---
library_name: mlx
license: apache-2.0
license_link: https://huggingface.co/Qwen/Qwen3-Coder-Next/blob/main/LICENSE
pipeline_tag: text-generation
base_model: Qwen/Qwen3-Coder-Next
tags:
- mlx
---

[Qwen3-Coder-Next](https://huggingface.co/Qwen/Qwen3-Coder-Next) optimized for MLX. Note: Uses MXFP4 for some module paths.

**EDIT:** [v2](https://huggingface.co/spicyneuron/Qwen3-Next-Coder-MLX-4.5bit/tree/v2) fixes some misassigned shared expert gates. Slower, but with 4x better perplexity.

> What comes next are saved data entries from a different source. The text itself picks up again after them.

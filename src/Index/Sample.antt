-- ===== src/Index/Sample.antt =====
-- A node with one feed of two tracks, and a submission that renames the feed, changes the first track,
-- adds one, and leaves the second out: the data of the tests.
use stophammer.Common.{str_eq, Bool-cases, inl, inr, refl, false, none, some, List, [], ◌∷◌, String}
use stophammer.Common.Int.{ℤ, pos}
use stophammer.Index.Rows.{Feed, Track, PaymentRoute, TrackRemoteItemRaw, LiveEvent, node}
use stophammer.Index.Claims.{SourceContributorClaim}
use stophammer.Index.Tracks.{
  get_track_for_feed, get_feed_by_guid, get_track_remote_items_for_feed_track,
}
use stophammer.Index.Tables.{IndexDb, dedupe_live_events, dedupe_and_sort_live_events}
use stophammer.Common.Sorting.{sort_by}
use stophammer.Common.Cells.{cells_eq}
use stophammer.Common.{select, arith, any}
use stophammer.Index.ClaimStore.{
  dedupe_source_contributor_claims, dedupe_source_entity_ids, dedupe_source_entity_links,
  dedupe_source_release_claims, dedupe_source_item_enclosures, dedupe_source_item_transcripts,
}
use stophammer.Index.Events.{TrackIngestBundle, Submission}
use stophammer.Index.Follow.Agree.{IsProper, HasNoStray}
use stophammer.Index.Follow.OneTrack.{HasNoOrphan}
use stophammer.Index.Follow.SameRows.{Agree}

abbrev pub feed_of : String → ℤ → Feed
feed_of title updated_at = record {
  feed_guid = "f";
  feed_url = "https://a.example/feed";
  title = title;
  title_lower = title;
  description = none;
  image_url = none;
  publisher = none;
  language = some "en";
  explicit = false;
  itunes_type = none;
  release_artist = none;
  release_artist_sort = none;
  release_date = none;
  release_kind = none;
  episode_count = pos 2;
  newest_item_at = none;
  oldest_item_at = none;
  created_at = pos 1;
  updated_at = updated_at;
  raw_medium = some "music";
  last_build_date = none;
  release_artist_source = none;
}

abbrev pub track_of : String → String → Track
track_of guid title = record {
  track_guid = guid;
  feed_guid = "f";
  title = title;
  title_lower = title;
  pub_date = none;
  duration_secs = some (pos 180);
  enclosure_url = none;
  enclosure_type = none;
  enclosure_bytes = none;
  track_number = none;
  season = none;
  image_url = none;
  publisher = none;
  language = none;
  explicit = false;
  description = none;
  track_artist = none;
  track_artist_sort = none;
  created_at = pos 1;
  updated_at = pos 1;
}

abbrev pub item_of : String → TrackRemoteItemRaw
item_of guid = record {
  feed_guid = "f";
  track_guid = guid;
  position = pos 0;
  medium = none;
  remote_feed_guid = "r";
  remote_feed_url = none;
  rel = none;
  source = "podcast_remote_item";
}

abbrev pub claim : SourceContributorClaim
claim = record {
  feed_guid = "f";
  entity_type = "feed";
  entity_id = "f";
  position = pos 0;
  name = "Ann";
  role = none;
  role_norm = none;
  group_name = none;
  href = none;
  img = none;
  npub = none;
  source = "podcast_person";
  extraction_path = "feed.person";
  observed_at = pos 1;
}

abbrev pub live_of : String → LiveEvent
live_of guid = record {
  live_item_guid = guid;
  feed_guid = "f";
  title = guid;
  content_link = none;
  status = "pending";
  scheduled_start = none;
  scheduled_end = none;
  created_at = pos 1;
  updated_at = pos 1;
  live_value_uri = none;
  live_value_protocol = none;
}

abbrev pub route_to : String → PaymentRoute
route_to address = record {
  track_guid = "t1";
  feed_guid = "f";
  recipient_name = none;
  route_type = node;
  address = address;
  custom_key = none;
  custom_value = none;
  split = pos 100;
  fee = false;
}

abbrev pub stored_tables : IndexDb
stored_tables = record {
  feeds = feed_of "old" (pos 1) ∷ [];
  tracks = track_of "t1" "one" ∷ track_of "t2" "two" ∷ [];
  payment_routes = route_to "a" ∷ [];
  splits = [];
  track_items = (some "f", item_of "t2") ∷ [];
  live_events = live_of "b" ∷ [];
  feed_routes = [];
  list_values = [];
  remote_items = [];
  contributor_claims = [];
  entity_ids = [];
  entity_links = [];
  release_claims = [];
  item_enclosures = [];
  item_transcripts = [];
  platform_claims = [];
}

abbrev pub bundle : String → String → List TrackRemoteItemRaw → TrackIngestBundle
bundle guid title items = record {
  track = track_of guid title;
  routes = [];
  splits = [];
  remote_items = items;
}

abbrev pub submitted : Submission
submitted = record {
  feed = feed_of "new" (pos 9);
  feed_routes = [];
  list_values = [];
  remote_items = [];
  contributor_claims = claim ∷ [];
  entity_ids = [];
  entity_links = [];
  release_claims = [];
  item_enclosures = [];
  item_transcripts = [];
  platform_claims = [];
  live_events = live_of "c" ∷ live_of "a" ∷ live_of "c" ∷ [];
  tracks = bundle "t1" "one (remix)" [] ∷ bundle "t3" "three" (item_of "t3" ∷ []) ∷ [];
}

pub submitted-IsProper : IsProper submitted
unfolding dedupe_source_contributor_claims dedupe_source_entity_ids dedupe_source_entity_links
    dedupe_source_release_claims dedupe_source_item_enclosures dedupe_source_item_transcripts
    dedupe_live_events dedupe_and_sort_live_events sort_by any cells_eq
submitted-IsProper = record {
  own_feed_routes = tt;
  own_list_values = tt;
  own_remote_items = tt;
  own_contributor_claims = (refl, tt);
  distinct_contributor_claims = refl;
  own_entity_ids = tt;
  distinct_entity_ids = refl;
  own_entity_links = tt;
  distinct_entity_links = refl;
  own_release_claims = tt;
  distinct_release_claims = refl;
  own_item_enclosures = tt;
  distinct_item_enclosures = refl;
  own_item_transcripts = tt;
  distinct_item_transcripts = refl;
  own_platform_claims = tt;
  own_live_events = (refl, (refl, tt));
  own_sorted_live_events = (refl, (refl, tt));
  own_tracks = ((refl, tt), ((refl, (refl, tt)), tt));
  distinct_tracks = ((refl, tt), (tt, tt));
}

pub stored_tables-HasNoStray : HasNoStray "f" stored_tables
unfolding get_feed_by_guid
stored_tables-HasNoStray = record {
  no_feed_routes = λ h. cc;
  no_list_values = λ h. cc;
  no_remote_items = λ h. cc;
  no_contributor_claims = λ h. cc;
  no_entity_ids = λ h. cc;
  no_entity_links = λ h. cc;
  no_release_claims = λ h. cc;
  no_item_enclosures = λ h. cc;
  no_item_transcripts = λ h. cc;
  no_platform_claims = λ h. cc;
  no_live_events = λ h. cc;
  no_tracks = λ h t. cc;
}

pub stored_tables-HasNoOrphan : HasNoOrphan "f" stored_tables
unfolding get_track_for_feed get_track_remote_items_for_feed_track select sort_by
stored_tables-HasNoOrphan t h = ground arith

-- A replica with other times and an old count in the row of the feed.
abbrev pub replica_tables : IndexDb
replica_tables = record stored_tables {
  feeds = record (feed_of "old" (pos 4)) { created_at = pos 3; episode_count = pos 1 } ∷ [];
}

pub same_tables : Agree "f" stored_tables replica_tables
unfolding get_feed_by_guid
same_tables = record {
  same_feeds = λ k. elim (Bool-cases (str_eq "f" k)) [ inl e ↦ rw e refl | inr e ↦ rw e refl ];
  same_tracks = λ k. refl;
  same_track_items = λ k. refl;
  same_live_events = λ k. refl;
  same_feed_routes = λ k. refl;
  same_list_values = λ k. refl;
  same_remote_items = λ k. refl;
  same_contributor_claims = λ k. refl;
  same_entity_ids = λ k. refl;
  same_entity_links = λ k. refl;
  same_release_claims = λ k. refl;
  same_item_enclosures = λ k. refl;
  same_item_transcripts = λ k. refl;
  same_platform_claims = λ k. refl;
}
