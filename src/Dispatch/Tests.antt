-- ===== src/Dispatch/Tests.antt =====
-- The batch of the sample submission of Index, on a node with an empty log.
use stophammer.Common.{◌≡◌, refl, true, Option, none, List, [], ◌∷◌, String, map, any}
use stophammer.Common.Int.{pos}
use stophammer.Common.Keyed.{find, put}
use stophammer.Copies.Table.{CopySummary}
use stophammer.Sync.Log.{Event, has_event}
use stophammer.Sync.Apply.{Replica, apply_events}
use stophammer.Index.Ingest.{ingest_transaction}
use stophammer.Index.Diff.{build_diff_events}
use stophammer.Index.Follow.SameRows.{Agree}
use stophammer.Index.Sample.{
  replica_tables, stored_tables, submitted, submitted-IsProper, stored_tables-HasNoOrphan,
  stored_tables-HasNoStray, same_tables,
}
use stophammer.Dispatch.Observed.{Sighting, SameRows, observe, apply_observations, observe-SameRows}
use stophammer.Dispatch.Payload.{NodeTables, EventPayload, payload_writer}
use stophammer.Dispatch.Fresh.{AreNew, Carries}
use stophammer.Dispatch.Follows.{ingest_event_rows, payloads_of, apply_events-Agree}

abbrev lower : String → String
lower s = s

abbrev no_digest : CopySummary → Option String
no_digest s = none

-- The event with this id and payload text.
abbrev signed : String → Event
signed id = record {
  event_id = id;
  event_type = "event";
  payload_json = id;
  subject_guid = "f";
  signed_by = "primary";
  signature = "";
  seq = pos 1;
  created_at = pos 9;
}

abbrev ids : List String
ids = "a" ∷ "b" ∷ "c" ∷ "d" ∷ "e" ∷ "f" ∷ "g" ∷ []

abbrev zip : List String → List EventPayload → List (String × EventPayload)
zip [] ps = []
zip (k ∷ ks) [] = []
zip (k ∷ ks) (p ∷ ps) = (k, p) ∷ zip ks ps

abbrev decode : Event → Option EventPayload
decode e =
    find e.payload_json
      (zip ids (payloads_of (ingest_event_rows (pos 9) [] stored_tables submitted)))

abbrev node : Replica NodeTables
node = record {
  log = [];
  cursors = [];
  tables = record {
    index = replica_tables;
    observations = [];
    block_db = record { blocks = []; copies = [] };
    guid_changes = [];
    supersessions = [];
  };
}

ids_new : AreNew [] (map signed ids)
unfolding has_event any
ids_new = (
  refl,
  (
    (refl, (refl, (refl, (refl, (refl, (refl, tt)))))),
    (
      refl,
      (
        (refl, (refl, (refl, (refl, (refl, tt))))),
        (
          refl,
          (
            (refl, (refl, (refl, (refl, tt)))),
            (
              refl,
              (
                (refl, (refl, (refl, tt))),
                (refl, ((refl, (refl, tt)), (refl, ((refl, tt), (refl, (tt, tt)))))),
              ),
            ),
          ),
        ),
      ),
    ),
  ),
)

ids_carry :
    Carries
      (payload_writer lower no_digest decode)
      (map signed ids)
      (payloads_of (ingest_event_rows (pos 9) [] stored_tables submitted))
unfolding payload_writer find ingest_event_rows build_diff_events ingest_transaction
ids_carry = (refl, (refl, (refl, (refl, (refl, (refl, (refl, tt)))))))

apply_events-Agree_example :
    Agree "f"
      (ingest_transaction stored_tables submitted).0
      (apply_events
        (payload_writer lower no_digest decode)
        (λ e. true)
        (pos 10)
        true
        node
        (map signed ids)).0.tables.index
apply_events-Agree_example =
    apply_events-Agree lower no_digest decode (λ e. true) (pos 9) (pos 10) [] stored_tables
      submitted node (map signed ids) submitted-IsProper stored_tables-HasNoOrphan
      stored_tables-HasNoStray same_tables
      (refl, (refl, (refl, (refl, (refl, (refl, (refl, tt))))))) ids_new ids_carry

-- The second sighting gives no event, the third replaces the row.
abbrev sightings : List Sighting
sightings =
    record { url = "u"; feed_guid = "f"; seen_at = pos 1 }
    ∷ record { url = "u"; feed_guid = "f"; seen_at = pos 2 }
    ∷ record { url = "u"; feed_guid = "g"; seen_at = pos 3 }
    ∷ []

observe-SameRows_example :
    SameRows (observe [] sightings).0 (apply_observations [] (observe [] sightings).1)
observe-SameRows_example = observe-SameRows [] [] sightings (λ k. refl)

sightings-events : map (λ o. o.observed_at) (observe [] sightings).1 ≡ pos 1 ∷ pos 3 ∷ []
unfolding observe find put
sightings-events = refl
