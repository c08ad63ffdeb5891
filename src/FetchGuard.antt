-- ===== src/FetchGuard.antt =====
-- src/fetch_guard.rs: the address test, the URL checks and the fetch that pins DNS at each hop.
pub mod Address
pub mod Ranges
pub mod Embedded
pub mod Guard
pub mod Safety
pub mod Redirects
pub mod Hops
pub mod Tests
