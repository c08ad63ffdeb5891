-- ===== src/FetchGuard/Address.antt =====
-- The address test `is_public_ip` of src/fetch_guard.rs, over the octets of an `Ipv4Addr` and the
-- segments of an `Ipv6Addr`, with the tests of `std::net` that it calls.
use Prim.Native.Nat.{bit_and}
use stophammer.Common.{ℕ, ◌/◌, ◌%◌, ◌<◌, Bool, false, not, ◌&&◌, ◌||◌, leb, ◌==◌, if◌then◌else◌}

pub record Ipv4Addr : Type 0 where
  pub o0 : ℕ
  pub o1 : ℕ
  pub o2 : ℕ
  pub o3 : ℕ

pub record Ipv6Addr : Type 0 where
  pub s0 : ℕ
  pub s1 : ℕ
  pub s2 : ℕ
  pub s3 : ℕ
  pub s4 : ℕ
  pub s5 : ℕ
  pub s6 : ℕ
  pub s7 : ℕ

pub data IpAddr : Type 0 where
  v4 : Ipv4Addr → IpAddr
  v6 : Ipv6Addr → IpAddr

-- The octets are bytes, the segments 16-bit words.
pub record IsOctets (a : Ipv4Addr) : Type 0 where
  pub b0 : a.o0 < 256
  pub b1 : a.o1 < 256
  pub b2 : a.o2 < 256
  pub b3 : a.o3 < 256

-- `Ipv4Addr::is_loopback` and the other tests of `std::net::Ipv4Addr`.
unfoldable pub is_loopback : Ipv4Addr → Bool
is_loopback a = a.o0 == 127

unfoldable pub is_private : Ipv4Addr → Bool
is_private a =
    a.o0 == 10 || ((a.o0 == 172 && (leb 16 a.o1 && leb a.o1 31)) || (a.o0 == 192 && a.o1 == 168))

unfoldable pub is_link_local : Ipv4Addr → Bool
is_link_local a = a.o0 == 169 && a.o1 == 254

unfoldable pub is_broadcast : Ipv4Addr → Bool
is_broadcast a = a.o0 == 255 && (a.o1 == 255 && (a.o2 == 255 && a.o3 == 255))

unfoldable pub is_unspecified : Ipv4Addr → Bool
is_unspecified a = a.o0 == 0 && (a.o1 == 0 && (a.o2 == 0 && a.o3 == 0))

unfoldable pub is_multicast : Ipv4Addr → Bool
is_multicast a = leb 224 a.o0 && leb a.o0 239

unfoldable pub documentation : Ipv4Addr → Bool
documentation a =
    (a.o0 == 192 && (a.o1 == 0 && a.o2 == 2))
    || ((a.o0 == 198 && (a.o1 == 51 && a.o2 == 100)) || (a.o0 == 203 && (a.o1 == 0 && a.o2 == 113)))

unfoldable pub benchmark : Ipv4Addr → Bool
benchmark a = a.o0 == 198 && bit_and a.o1 0xFE == 18

unfoldable pub cgnat : Ipv4Addr → Bool
cgnat a = a.o0 == 100 && bit_and a.o1 0xC0 == 64

unfoldable pub is_public_ipv4 : Ipv4Addr → Bool
is_public_ipv4 a = not (
    is_loopback a
    || (is_private a
        || (is_link_local a
            || (is_broadcast a
                || (is_unspecified a
                    || (is_multicast a || (documentation a || (benchmark a || cgnat a))))))))

-- `u16::to_be_bytes` of the last two segments.
unfoldable pub embedded_ipv4 : Ipv6Addr → Ipv4Addr
embedded_ipv4 s = record { o0 = s.s6 / 256; o1 = s.s6 % 256; o2 = s.s7 / 256; o3 = s.s7 % 256 }

abbrev pub zeros_to_4 : Ipv6Addr → Bool
zeros_to_4 s = s.s0 == 0 && (s.s1 == 0 && (s.s2 == 0 && (s.s3 == 0 && s.s4 == 0)))

unfoldable pub is_unspecified_v6 : Ipv6Addr → Bool
is_unspecified_v6 s = zeros_to_4 s && (s.s5 == 0 && (s.s6 == 0 && s.s7 == 0))

unfoldable pub is_loopback_v6 : Ipv6Addr → Bool
is_loopback_v6 s = zeros_to_4 s && (s.s5 == 0 && (s.s6 == 0 && s.s7 == 1))

unfoldable pub is_v4_mapped : Ipv6Addr → Bool
is_v4_mapped s = zeros_to_4 s && s.s5 == 0xffff

unfoldable pub is_v4_compatible : Ipv6Addr → Bool
is_v4_compatible s = zeros_to_4 s && s.s5 == 0

unfoldable pub is_nat64 : Ipv6Addr → Bool
is_nat64 s =
    s.s0 == 0x0064 && (s.s1 == 0xff9b && (s.s2 == 0 && (s.s3 == 0 && (s.s4 == 0 && s.s5 == 0))))

unfoldable pub ula : Ipv6Addr → Bool
ula s = bit_and s.s0 0xFE00 == 0xFC00

unfoldable pub link_local_v6 : Ipv6Addr → Bool
link_local_v6 s = bit_and s.s0 0xFFC0 == 0xFE80

unfoldable pub multicast_v6 : Ipv6Addr → Bool
multicast_v6 s = bit_and s.s0 0xFF00 == 0xFF00

unfoldable pub documentation_v6 : Ipv6Addr → Bool
documentation_v6 s = s.s0 == 0x2001 && s.s1 == 0x0db8

unfoldable pub is_public_ipv6 : Ipv6Addr → Bool
is_public_ipv6 s =
    if is_unspecified_v6 s || is_loopback_v6 s
    then false
    else if is_v4_mapped s || (is_v4_compatible s || is_nat64 s)
    then is_public_ipv4 (embedded_ipv4 s)
    else not (ula s || (link_local_v6 s || (multicast_v6 s || documentation_v6 s)))

unfoldable pub is_public_ip : IpAddr → Bool
is_public_ip (v4 a) = is_public_ipv4 a
is_public_ip (v6 s) = is_public_ipv6 s

unfoldable pub is_private_ip : IpAddr → Bool
is_private_ip ip = not (is_public_ip ip)
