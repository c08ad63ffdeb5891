-- ===== src/FetchGuard/Embedded.antt =====
-- IPv6 forms that carry an IPv4 address: the guard of src/fetch_guard.rs judges the address inside.
use stophammer.Common.{ℕ, ◌+◌, ◌*◌, ◌≡◌, ap, false, ◌||◌, arith, if◌then◌else◌}
use stophammer.FetchGuard.Address.{
  Ipv4Addr, Ipv6Addr, v4, v6, IsOctets, embedded_ipv4, is_public_ipv4, is_public_ipv6, is_public_ip,
  is_unspecified_v6, is_loopback_v6, is_v4_mapped, is_v4_compatible, is_nat64,
}

-- `::ffff:a.b.c.d`, `::a.b.c.d` and `64:ff9b::a.b.c.d`.
abbrev pub with_ipv4 : ℕ → ℕ → ℕ → Ipv4Addr → Ipv6Addr
with_ipv4 s0 s1 s5 a = record {
  s0 = s0;
  s1 = s1;
  s2 = 0;
  s3 = 0;
  s4 = 0;
  s5 = s5;
  s6 = a.o0 * 256 + a.o1;
  s7 = a.o2 * 256 + a.o3;
}

abbrev pub mapped : Ipv4Addr → Ipv6Addr
mapped = with_ipv4 0 0 0xffff

abbrev pub nat64 : Ipv4Addr → Ipv6Addr
nat64 = with_ipv4 0x0064 0xff9b 0

abbrev pub compatible : Ipv4Addr → Ipv6Addr
compatible = with_ipv4 0 0 0

module _ (a : Ipv4Addr) (h : IsOctets a) where
  -- The embedded address is read back from any of the three forms.
  embedded_ipv4-with : (s0 s1 s5 : ℕ) → embedded_ipv4 (with_ipv4 s0 s1 s5 a) ≡ a
  unfolding embedded_ipv4
  embedded_ipv4-with s0 s1 s5 = ground arith

  -- An IPv4-mapped or a NAT64 address is public exactly when the IPv4 address inside is, and so is an
  -- IPv4-compatible one, except for `::` and `::1`, which are never public. The octets are bytes.
  pub is_public_ip-embedded :
      (is_public_ip (v6 (mapped a)) ≡ is_public_ip (v4 a))
      × (is_public_ip (v6 (nat64 a)) ≡ is_public_ip (v4 a))
      × (is_public_ip (v6 (compatible a)) ≡ (
          if is_unspecified_v6 (compatible a) || is_loopback_v6 (compatible a)
          then false
          else is_public_ip (v4 a)))
  unfolding is_public_ip is_public_ipv6 is_unspecified_v6 is_loopback_v6 is_v4_mapped
      is_v4_compatible is_nat64
  is_public_ip-embedded = (
    ap is_public_ipv4 (embedded_ipv4-with 0 0 0xffff),
    ap is_public_ipv4 (embedded_ipv4-with 0x0064 0xff9b 0),
    ap (λ b. if is_unspecified_v6 (compatible a) || is_loopback_v6 (compatible a) then false else b)
        (ap is_public_ipv4 (embedded_ipv4-with 0 0 0)),
  )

**EDIT:** [v3](https://huggingface.co/spicyneuron/Qwen3-Next-Coder-MLX-4.5bit/tree/v3) bumps edge experts to Q8 for further perplexity improvement and minimal effect on speed.

# Usage

```sh
# Start server at http://localhost:8080/v1/chat/completions
uvx --from mlx-lm mlx_lm.server --host 127.0.0.1 --port 8080 \
  --model spicyneuron/Qwen3-Next-Coder-MLX-4.5bit
```

# Methodology

Quantized using a custom script inspired by Unsloth/AesSedai/ubergarm style mixed-precision GGUFs.
MLX quantization options differ than llama.cpp, but the principles are the same:
- Sensitive layers like MoE routing, attention, and output embeddings get higher precision
- More tolerant layers like MoE experts get lower precision

This one is comparable to
~~[Unsloth's UD-Q4_K_XL](https://huggingface.co/unsloth/Qwen3-Coder-Next-GGUF/blob/main/Qwen3-Coder-Next-UD-Q4_K_XL.gguf)~~
[Unsloth's MOE-MXFP4](https://huggingface.co/unsloth/Qwen3-Coder-Next-GGUF/blob/main/Qwen3-Coder-Next-MXFP4_MOE.gguf)
in size, but loads and runs noticeably faster thanks to MLX.

# Benchmarks

- unsloth/Qwen3-Coder-Next-GGUF:UD-Q4_K_XL
- mlx-community/Qwen3-Coder-Next-4bit
- Qwen3-Next-Coder-MLX-mixed-4.5-bit (v1)
- Qwen3-Next-Coder-MLX-mixed-4.5-bit (v2, ~4.4 bit)
- Qwen3-Next-Coder-MLX-mixed-4.5-bit (v3, ~4.9 bit)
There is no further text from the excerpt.